# Looking for opinions on 6.5" vs 8" midbass. Which is better?



## Niebur3 (Jul 11, 2008)

I an just looking for some discussion on using 6.5" for midbass vs 8" for midbass. I have heard the output and impact of the 8" is better, plus it can go lower and bring the sub way forward, but is it too slow for the most dynamic midbass passages? Is a 6.5" better for speed? I am talking same manufactures (HAT, Dynaudio, Morel, Scanspeak....etc.) for both, only the size being different.


----------



## FoxPro5 (Feb 14, 2006)

Niebur3 said:


> Is a 6.5" better for speed?


No.

You need to define "midbass"...as in which frequencies you're alluding to.

Generally the larger cone driver will have more impact due to possibly more xmax, cone area, power handling, etc...but this isn't a working rule in car audio I don't think.

Also, crossing the driver lower doesn't necessarily bring the sub up front. It's really vehicle-dependent as each vehicle has different transfer function.


----------



## Niebur3 (Jul 11, 2008)

By midbass, I am referring to 250HZ and below.


----------



## FoxPro5 (Feb 14, 2006)

Niebur3 said:


> By midbass, I am referring to 250HZ and below.


And below to what? How high will your sub play? Some run their subwoofers up past 100hz and use high efficiency, low xmax, dedicated mids to provide "punch" and impact around 200 hz and then let their MR's take over from there on up to their tweeters. Some run 2-way systems up-front and run their mids from 50-5khz. All depends on install, budget, goals, etc.

It's hard to answer general questions with specific answers.


----------



## Niebur3 (Jul 11, 2008)

FoxPro5 said:


> And below to what? How high will your sub play? Some run their subwoofers up past 100hz and use high efficiency, low xmax, dedicated mids to provide "punch" and impact around 200 hz and then let their MR's take over from there on up to their tweeters. Some run 2-way systems up-front and run their mids from 50-5khz. All depends on install, budget, goals, etc.
> 
> It's hard to answer general questions with specific answers.
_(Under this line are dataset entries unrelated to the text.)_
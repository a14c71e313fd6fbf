-- ===== src/Config/Steps.antt =====
-- internal/config/config.go: the checks of `LoadConfig`, one after another.
use mathlib.Core.Path.{subst}
use neo_nect_server.Base.{
  ◌≡◌, refl, inl, inr, Bool, true, false, not, ◌&&◌, Option, none, some, String, ◌==◌, string_eq,
  Bool-cases, some-injective, ℤ, ltz,
}
use neo_nect_server.Config.{◌>>=◌, ◌>>◌, fatal_if, checked_range, get_env, get_strict_env_int}

abbrev pub within : ℤ → ℤ → ℤ → Bool
within min max v = not (ltz v min) && not (ltz max v)

checked_range-within :
    (min max : ℤ) (o : Option ℤ) (v : ℤ)
    → checked_range min max o ≡ some v
    → within min max v ≡ true
unfolding checked_range
checked_range-within min max none v = λ h. absurd cc
checked_range-within min max (some parsed) v = elim (Bool-cases (ltz parsed min)) [
  | inl below ↦ rw below (λ h. absurd cc)
  | inr above ↦ elim (Bool-cases (ltz max parsed)) [
    | inl over ↦ rw (above, over) (λ h. absurd cc)
    | inr under ↦
        rw (above, under)
          (λ h. subst (λ x. within min max x ≡ true) (some-injective h) (rw (above, under) refl))
  ]
]

-- What `GetStrictEnvInt` returns is within its range, if the default is.
pub strict-within :
    (lookup_env : String → Option String) (atoi : String → Option ℤ) (key : String)
    (d min max v : ℤ)
    → within min max d ≡ true
    → get_strict_env_int lookup_env atoi key d min max ≡ some v
    → within min max v ≡ true
unfolding get_strict_env_int
strict-within lookup_env atoi key d min max v safe =
    elim (Bool-cases (get_env lookup_env atoi key == "")) [
      | inl unset ↦ rw unset (λ h. subst (λ x. within min max x ≡ true) (some-injective h) safe)
      | inr set ↦ rw set (checked_range-within min max (atoi (get_env lookup_env atoi key)) v)
    ]

-- What each check says when the process goes on.
module _ {B P : Type 0} where
  pub bind-step :
      {A : Type 0} (m : Option A) (f : A → Option B) (b : B)
      → (m >>= f) ≡ some b
      → ((a : A) → m ≡ some a → f a ≡ some b → P)
      → P
  bind-step none f b h k = absurd cc
  bind-step (some a) f b h k = k a refl h

  pub fatal-step :
      (c : Bool) (n : Option B) (b : B)
      → (fatal_if c >> n) ≡ some b
      → (c ≡ false → n ≡ some b → P)
      → P
  unfolding fatal_if
  fatal-step true n b h k = absurd cc
  fatal-step false n b h k = k refl h

  pub strict-step :
      (lookup_env : String → Option String) (atoi : String → Option ℤ) (key : String)
      (d min max : ℤ) (f : ℤ → Option B) (b : B)
      → within min max d ≡ true
      → (get_strict_env_int lookup_env atoi key d min max >>= f) ≡ some b
      → ((v : ℤ) → within min max v ≡ true → f v ≡ some b → P)
      → P
  strict-step lookup_env atoi key d min max f b safe h k =
      bind-step (get_strict_env_int lookup_env atoi key d min max) f b h
        λ v e h'. k v (strict-within lookup_env atoi key d min max v safe e) h'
Okay...I have Dynaudio MD130 Tweeters that will be mounted on axis with Dynaudio Esotar2 430 (3.5" midrange) off the a-pillar which can play down to 250hz. I currently have Dynaudio MW160's (6.5 or 7" depending on who you ask) midbass in the doors of a 1998 Pontiac Firebird in an enclosure with an AP mat on the back & just purchased MW182's to either resell or use. The 182's are 9.5" midbass woofers. I can either mount in the doors (with some work) or the kicks (also with some work). Just trying to decide which would be better to use. I currently run my 160's to about 65hz 18db and the subs come in from there.


----------



## FoxPro5 (Feb 14, 2006)

Niebur3 said:


> The *182's *are 9.5" midbass woofers. I can either mount in the doors (with some work) or *the kicks* (also with some work).


That's my official vote.


----------



## Niebur3 (Jul 11, 2008)

FoxPro5 said:


> That's my official vote.


Would you suggest door with ap mat or kick sealed?


----------



## 8675309 (Jan 8, 2007)

I think the install location has everything to do with it. I ran a set of Kicker freeair 6.5's in my 4 runner doors first. I upgraded to a Morel CAW938's. Night and day diff but I also preped for them. I actually modeled the morels in bass box with the approx door size. By preping the doors I was able to achieve outstanding low end up front. Enought that would justify no subs in the back. So again I think it all has to do with the install and matching drivers to that install.


----------



## FoxPro5 (Feb 14, 2006)

Niebur3 said:


> Would you suggest door with ap mat or kick sealed?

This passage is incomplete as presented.